# T.V. Moore



## VirginiaHuguenot (Jan 29, 2007)

Thomas Verner Moore, American Presbyterian (February 1, 1818 -- August 5, 1871) was educated at Princeton and pastored primarily at Carlisle, PA; Richmond, VA; and Nashville, TN. He served as moderator of the Southern Presbyterian Church and editor of _Central Presbyterian_. He wrote _The Last Words of Jesus_ and published lectures delivered at the University of Virginia on "Evidences of Christianity." He is perhaps most famous for his commentary on Haggai, Zechariah and Malachi, which was reviewed and commended by J.A. Alexander.


----------



## Ezekiel3626 (Jan 29, 2007)

Andrew, I am currently reading through the little volume on Haggai and Malachi by Moore.
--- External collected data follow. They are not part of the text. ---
-- ===== src/Proc/Rotation.antt =====
-- The timer gives the processes their turns one after the other.
use smpl_osv.Base.{
  ℕ, suc, ◌+◌, ◌-◌, ◌%◌, ◌≤◌, ◌<◌, ◌≡◌, ◌≢◌, ◌⊎◌, inl, inr, refl, sym, ap, ◌∙◌, List, [], ◌∷◌, some,
  none, Option, arith, length, update, leb, ltb, leb→le, ltb→lt, ==_ne, true, false, Bool-cases,
}
use native.Mathlib.Nat.{mod-eq_of_lt, mod_self, mod-add-mod, add-mod_right}
use smpl_osv.Base.Bits.{u32}
use smpl_osv.Interrupts.{Registers}
use smpl_osv.Proc.{
  Proc, Scheduler, schedule, advance, irq0_listener, set_kernel_stack, set_address_space,
}

-- The next turn is that of a process in the table, one runs if there is any, and no entry of the
-- table is a null pointer.
pub record IsScheduled (s : Scheduler) : Type 0 where
  pub turn : (s.cpid < s.process_count) ⊎ ((s.cpid ≡ 0) × (s.process_count ≡ 0))
  pub fits : s.process_count ≤ 256
  pub running : (s.process_count ≡ 0) ⊎ ((p : ℕ) × (s.current_process ≡ some p))
  pub set : (k : ℕ) → k < s.process_count → s.processes k ≢ 0

-- The timer interrupts with these registers in turn.
pub ticks : List Registers → Scheduler → Option Scheduler
ticks [] s = some s
ticks (regs ∷ rest) s = elim (irq0_listener regs s) [ some r ↦ ticks rest r.1 | none ↦ none ]

-- The table of processes after the current one is saved.
abbrev pub saved : ℕ → Registers → Scheduler → ℕ → Proc
saved old regs s = update s.procs old (record (s.procs old) { context = regs })

abbrev pub after_tick : ℕ → Registers → Scheduler → Scheduler
after_tick old regs s =
    let next = s.processes s.cpid in
    record s {
      procs = saved old regs s;
      current_process = some next;
      cpid = advance s.cpid s.process_count;
      address_space = (saved old regs s next).address_space;
      rsp0 = (saved old regs s next).kernel_stack;
    }

pub irq0_listener-step :
    (regs : Registers) (s : Scheduler) (old : ℕ)
    → s.process_count ≢ 0
    → s.current_process ≡ some old
    → s.processes s.cpid ≢ 0
    → irq0_listener regs s
      ≡ some ((saved old regs s (s.processes s.cpid)).context, after_tick old regs s)
unfolding irq0_listener schedule set_kernel_stack set_address_space
irq0_listener-step regs s old ne cur nz =
    rw (==_ne s.process_count 0 ne, cur, ==_ne (s.processes s.cpid) 0 nz) refl

advance_mod :
    (cpid count : ℕ) → cpid < count → count ≤ 256 → advance cpid count ≡ (cpid + 1) % count
advance_mod cpid count l u =
    let same : u32 (cpid + 1) ≡ cpid + 1 = omega arith in
    elim (Bool-cases (ltb (cpid + 1) count)) [
      | inl h ↦
          let inside = ltb→lt (cpid + 1) count h in
          let go : leb count (u32 (cpid + 1)) ≡ false = ground arith in
          rw go (same ∙ sym (mod-eq_of_lt inside))
      | inr h ↦
          let last : cpid + 1 ≡ count = ground arith in
          let wrap : leb count (u32 (cpid + 1)) ≡ true = ground arith in
          rw wrap (sym (ap (λ n. n % count) last ∙ mod_self count))
    ]

pub after_tick-IsScheduled :
    (old : ℕ) (regs : Registers) (s : Scheduler)
    → s.cpid < s.process_count
    → s.process_count ≤ 256
    → ((k : ℕ) → k < s.process_count → s.processes k ≢ 0)
    → IsScheduled (after_tick old regs s)
after_tick-IsScheduled old regs s l u set = record {
  turn = ground arith;
  fits = u;
  running = inr (s.processes s.cpid, refl);
  set = set;
}

-- What a run of the timer leaves: the process on turn at its last tick runs, and the next is on
-- turn.
pub record Rotated (s : Scheduler) (n : ℕ) (s' : Scheduler) : Type 0 where
  pub current : s'.current_process ≡ some (s.processes ((s.cpid + n) % s.process_count))
  pub next : s'.cpid ≡ (s.cpid + suc n) % s.process_count
  pub same : s'.processes ≡ s.processes
  pub same_count : s'.process_count ≡ s.process_count
  pub still : IsScheduled s'

later : (a n count : ℕ) → ((a + 1) % count + n) % count ≡ (a + suc n) % count
later a n count = mod-add-mod (a + 1) count n ∙ ap (λ k. k % count) (omega arith)

pub on_turn : (s : Scheduler) → IsScheduled s → 1 ≤ s.process_count → s.cpid < s.process_count
on_turn s ready pos = elim ready.turn [ inl l ↦ l | inr z ↦ absurd (omega (arith, z.1)) ]

pub has_current :
    (s : Scheduler) → IsScheduled s → 1 ≤ s.process_count → (p : ℕ) × (s.current_process ≡ some p)
has_current s ready pos = elim ready.running [ inl z ↦ absurd (omega (arith, z)) | inr c ↦ c ]

ticks-step :
    (regs r' : Registers) (rest : List Registers) (s s1 : Scheduler)
    → irq0_listener regs s ≡ some (r', s1)
    → ticks (regs ∷ rest) s ≡ ticks rest s1
unfolding ticks
ticks-step regs r' rest s s1 e = rw (e, ticks) refl

-- With at least one process, a run of the timer never fails; after a tick and `n` more the process
-- that is `n` places behind the one on turn runs, around the end of the table.
pub ticks-Rotated :
    (regs : Registers) (rest : List Registers) (s : Scheduler)
    → IsScheduled s
    → 1 ≤ s.process_count
    → (s' : Scheduler) × (ticks (regs ∷ rest) s ≡ some s') × Rotated s (length rest) s'
unfolding ticks
ticks-Rotated regs [] s ready pos =
    let inside = on_turn s ready pos in
    let (old, cur) = has_current s ready pos in
    let here : s.cpid ≡ (s.cpid + 0) % s.process_count =
      sym (ap (λ k. k % s.process_count) (omega arith) ∙ mod-eq_of_lt inside) in
    (
      after_tick old regs s,
      ticks-step regs _ [] s (after_tick old regs s)
          (irq0_listener-step regs s old (omega arith) cur (ready.set s.cpid inside)),
      record {
        current = ap (λ k. some (s.processes k)) here;
        next = advance_mod s.cpid s.process_count inside ready.fits;
        same = refl;
        same_count = refl;
        still = after_tick-IsScheduled old regs s inside ready.fits ready.set;
      },
    )
ticks-Rotated regs (regs' ∷ rest) s ready pos =
    let inside = on_turn s ready pos in
    let (old, cur) = has_current s ready pos in
    let s1 = after_tick old regs s in
    let ready1 = after_tick-IsScheduled old regs s inside ready.fits ready.set in
    let (s', run, r) = ticks-Rotated regs' rest s1 ready1 pos in
    let moved = advance_mod s.cpid s.process_count inside ready.fits in
    let shift =
      λ (n : ℕ). ap (λ c. (c + n) % s.process_count) moved ∙ later s.cpid n s.process_count in
    (
      s',
      ticks-step regs _ (regs' ∷ rest) s s1
            (irq0_listener-step regs s old (omega arith) cur (ready.set s.cpid inside))
          ∙ run,
      record {
        current = r.current ∙ ap (λ k. some (s.processes k)) (shift (length rest));
        next = r.next ∙ shift (suc (length rest));
        same = r.same;
        same_count = r.same_count;
        still = r.still;
      },
    )

turn_distance :
    (cpid k count : ℕ) → cpid < count → k < count → (n : ℕ) × (n < count) × ((cpid + n) % count ≡ k)
turn_distance cpid k count l u = elim (Bool-cases (leb cpid k)) [
  | inl h ↦
      let le = leb→le cpid k h in
      (k - cpid, omega arith, ap (λ n. n % count) (omega arith) ∙ mod-eq_of_lt u)
  | inr h ↦
      let gt : k < cpid = ground arith in
      (
        k + count - cpid,
        omega arith,
        ap (λ n. n % count) (omega arith) ∙ add-mod_right k count ∙ mod-eq_of_lt u,
      )
]

-- Every process in the table gets a turn: within as many ticks as there are processes, whatever
-- they are interrupted with, it runs.
pub ticks-fair :
    (s : Scheduler) (k : ℕ)
    → IsScheduled s
    → k < s.process_count
    → (n : ℕ) × (n < s.process_count)
      × ((regs : Registers) (rest : List Registers)
          → length rest ≡ n
          → (s' : Scheduler) × (ticks (regs ∷ rest) s ≡ some s')
            × (s'.current_process ≡ some (s.processes k)))
ticks-fair s k ready l =
    let inside = on_turn s ready (omega arith) in
    let (n, less, at) = turn_distance s.cpid k s.process_count inside l in
    (
      n,
      less,
      λ regs rest e.
          let (s', run, r) = ticks-Rotated regs rest s ready (omega arith) in
          (
            s',
            run,
            r.current
                ∙ ap (λ j. some (s.processes ((s.cpid + j) % s.process_count))) e
                ∙ ap (λ j. some (s.processes j)) at,
          ),
    )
I was wondering, what was the occasion for your post? I learned of Moore from Spurgeons "Commenting and Commentaries". Spurgeon gave him a good recommendation, so after days of searching on the web, I found a used copy from Half.com. So far I find it to be a good commentary.


----------



## VirginiaHuguenot (Jan 29, 2007)

Very good! There was another thread I noticed earlier today which inquired about recommended commentaries on Malachi. I posted there about T.V. Moore and then decided to initiate another thread about the commentator himself. I like to know something about the men behind the books that fill up our library shelves, so I read a biographical sketch of Moore and posted a brief summary. I hope it is helpful or of interest to others. Thanks for your feedback, brother.


----------



## VirginiaHuguenot (Jan 29, 2007)

T.V. Moore also wrote a book I'd like to read sometime on _The Culdee Church_ (1868).


----------